Updating the raw event itself is what’s known as a transform. New or mutated fields will be generated during transformation. There are many different ways to change an event and the right way to do it is based on the use case. For example, product usage may be measured in GBs but the event data is tabulated in MBs. This can be handled as a transformation on the field that holds the usage data in MBs.

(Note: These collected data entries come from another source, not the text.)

-- ===== src/Proxy/Setup.antt =====
-- proxy/proxy.go, `NewProxy` and `setupPools`: the pools of the nodes and the connections in them.
pub mod Layout
pub mod Built
pub mod Needed
pub mod Ready
pub mod Owners
pub mod Served
use crunchy_proxy.Config.{Node, StringMap, Credentials, Viper, node_role_master}
use crunchy_proxy.Connect.Dial.{Dialed, refused, connected, exited}
use crunchy_proxy.Connect.Password.{handle_authentication_request}
use crunchy_proxy.Connect.{Conn, send, receive}
use crunchy_proxy.Go.Channels.{make}
use crunchy_proxy.Go.Channels
use crunchy_proxy.Go.{Bytes, Outcome, ok, panic, ◌>>=◌, codes, equal}
use crunchy_proxy.Pool
use crunchy_proxy.Prelude.{
  ℕ, zero, suc, Bool, List, [], ◌∷◌, ◌++◌, Option, none, some, length, if◌then◌else◌,
}
use crunchy_proxy.Protocol.Startup.{create_startup_message}
use crunchy_proxy.Proxy.Routing.{Proxy, deref, store}

-- What `setupPools` works with. `connect` is what the calls of `Connect` give, by the number of the
-- call from 0 on and the host: a connection goes by that number from then on.
pub record Environment : Type 0 where
  pub md5_sum : Bytes → Bytes
  pub creds : Credentials
  pub viper : Viper
  pub connect : ℕ → Bytes → Outcome Dialed

-- What is done with a new connection. Where `Connect` gave an error, `connection` is nil, and its
-- `Write` panics. A connection that is not authenticated is logged, and kept; none is the end of the
-- process.
unfoldable pub log_in : Environment → Dialed → Outcome (Option Conn)
unfolding send receive
log_in env (refused err) = panic
log_in env exited = ok none
log_in env (connected connection) = do
  startup_message ←
      create_startup_message (env.viper.get_string (codes "credentials.username"))
        (env.viper.get_string (codes "credentials.database"))
        (env.viper.get_string_map_string (codes "credentials.options"))
  let connection = (send connection startup_message).1
  let (response, connection) = receive connection
  r ← handle_authentication_request env.md5_sum env.creds env.viper connection response.buffer
  ok (some r.1)

-- The number of calls of `Connect` so far, and the proxy.
abbrev pub Progress : Type 0
Progress = ℕ × Proxy

-- `newPool.Add(connection)`; `again` is the rest of the loop.
unfoldable pub add_connection :
    (ℕ → Proxy → Outcome (Option Progress))
    → ℕ
    → ℕ
    → Proxy
    → Option Conn
    → Outcome (Option Progress)
add_connection again cp opened p none = ok none
add_connection again cp opened p (some connection) = do
  pool ← deref (some cp) p
  pool ← Pool.add pool opened
  again (suc opened) (store cp pool p)

-- The inner loop, for the connections that are still to be made.
unfoldable pub fill_pool : Environment → Bytes → ℕ → ℕ → ℕ → Proxy → Outcome (Option Progress)
unfolding log_in add_connection
fill_pool env host cp zero opened p = ok (some (opened, p))
fill_pool env host cp (suc n) opened p =
    env.connect opened host >>= log_in env >>= add_connection (fill_pool env host cp n) cp opened p

-- A new pool goes into the channel of its node's role.
unfoldable pub add_pool : Bytes → Node → ℕ → Proxy → Outcome Proxy
unfolding Pool.new_pool Channels.send
add_pool name node capacity p =
    let cp = length p.pools in
    let p = record p { pools = p.pools ++ Pool.new_pool name capacity ∷ [] } in
    if equal node.role node_role_master
    then (do
      write_pools ← Channels.send p.write_pools cp
      ok (record p { write_pools = write_pools }))
    else do read_pools ← Channels.send p.read_pools cp; ok (record p { read_pools = read_pools })

abbrev or_exit :
    (Progress → Outcome (Option Progress)) → Option Progress → Outcome (Option Progress)
or_exit again none = ok none
or_exit again (some progress) = again progress

-- The outer loop
unfoldable pub setup_nodes : Environment → ℕ → StringMap Node → Progress → Outcome (Option Progress)
unfolding add_pool fill_pool
setup_nodes env capacity [] progress = ok (some progress)
setup_nodes env capacity ((name, node) ∷ nodes) (opened, p) = do
  p' ← add_pool name node capacity p
  r ← fill_pool env node.host_port (length p.pools) capacity opened p'
  or_exit (setup_nodes env capacity nodes) r

-- `NewProxy`; both channels have room for all pools.
unfoldable pub new_proxy : Environment → ℕ → StringMap Node → Outcome (Option Progress)
unfolding setup_nodes
new_proxy env capacity nodes = setup_nodes env capacity nodes (
  0,
  record {
    pools = [];
    write_pools = make (length nodes);
    read_pools = make (length nodes);
    stats = [];
  },
)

Another common transform is to update the customer identifier. During ingestion the durable identifier may not be accessible. So instead of the customers durable key being used a natural key might be used in its place. While querying based off of a natural key is possible, that’s not how bframe is designed. bframe expects the durable key, which could also be the natural key, to be present on each event. In the case that raw events only have a natural key present, the identifier can be updated during event processing.

Editing events

A single malformed event can ruin an otherwise accurate business model. Consequently, obtaining a path to amend events is critical. A direct approach is to manually update a specific row. This is not considered a best practice since metadata around the update and the original event is lost. The recommended path path within bframe is to append an additional event that corrects the first one. This can be accomplished with a completely new event, or by duplicating the transaction_id and using a more recent received_at. Since deduplication occurs during event processing this would take place during the stage of the pipeline.

Classifying events

Based on the contents, an event will be attributed to a specific product. This is denoted by the product_uid field that is joined to the event. In the case that a single event is associated with several products, multiple rows will exist with separate product_uid values. The Wikipedia example has two usage based products with different event names that are associated with each product.

Products

id

name

ptype

event_name

filters

agg_property

created_at

1

Updates

EVENT

update

{}

agg_value

2023-11-01

2

Creates

EVENT

create

{}

agg_value

2023-11-01

Sample processed events

customer_id

transaction_id

properties

metered_at

product_uid

received_at

Kreuz und quer

1714527927.0Gathering-of-overmountain-men-branson-tn1.jpg

{“name”:”update”,”agg_value”:12.0,”category”:”Supported_by_Wikimedia_Deutschland”}

2024-05-01 02:00:00

1

2024-05-01 02:00:00

Helper201

1714525778.0Love_And_Peace_Cultural_Event_(cropped).jpg

{“name”:”create”,”agg_value”:344.0,”category”:”Supported_by_Wikimedia_Deutschland”}

2024-05-01 02:00:00

2

2024-05-01 02:00:00

Out of the box, bframe will match $.properties.name with the event_name column on the products table. This standard functionality is limited, but many use cases only require basic matching. In order to achieve complex classifications filters can be used. The filters field is a JSON object that stores logic on whether or not an event matches the product. Below is an example of a couple filters:

Unnested filters

unnested_filters

{“path”:”$.region”,”_in”:[],”not_in”:[“test-region”],”optional”:true}

{“path”:”$.service”,”_in”:[“sqs”],”not_in”:[],”optional”:false}

There are four different fields that can appear on a single filter. path represents the event property that is to be compared against. The path is expected to be a JSON path expression. _in contains a list of values that the event property must be within. If nothing is in the list it’s ignored. not_in contains a list of values that the event property must not be within. Similarly if nothing is in the list it’s ignored. optional is a boolean flag that determines whether or not the event property must exist. If a filter is marked as optional, when the event property does exist it must also pass the _in and not_in constraints. If the event property does not exist and it’s marked optional the _in and not_in constraints are ignored.

Although there are only a few different filter types this covers most use cases. In the case that it doesn’t, breaking out of the defaults is possible and encouraged. To express a bespoke or unique classification a user defined view can be employed.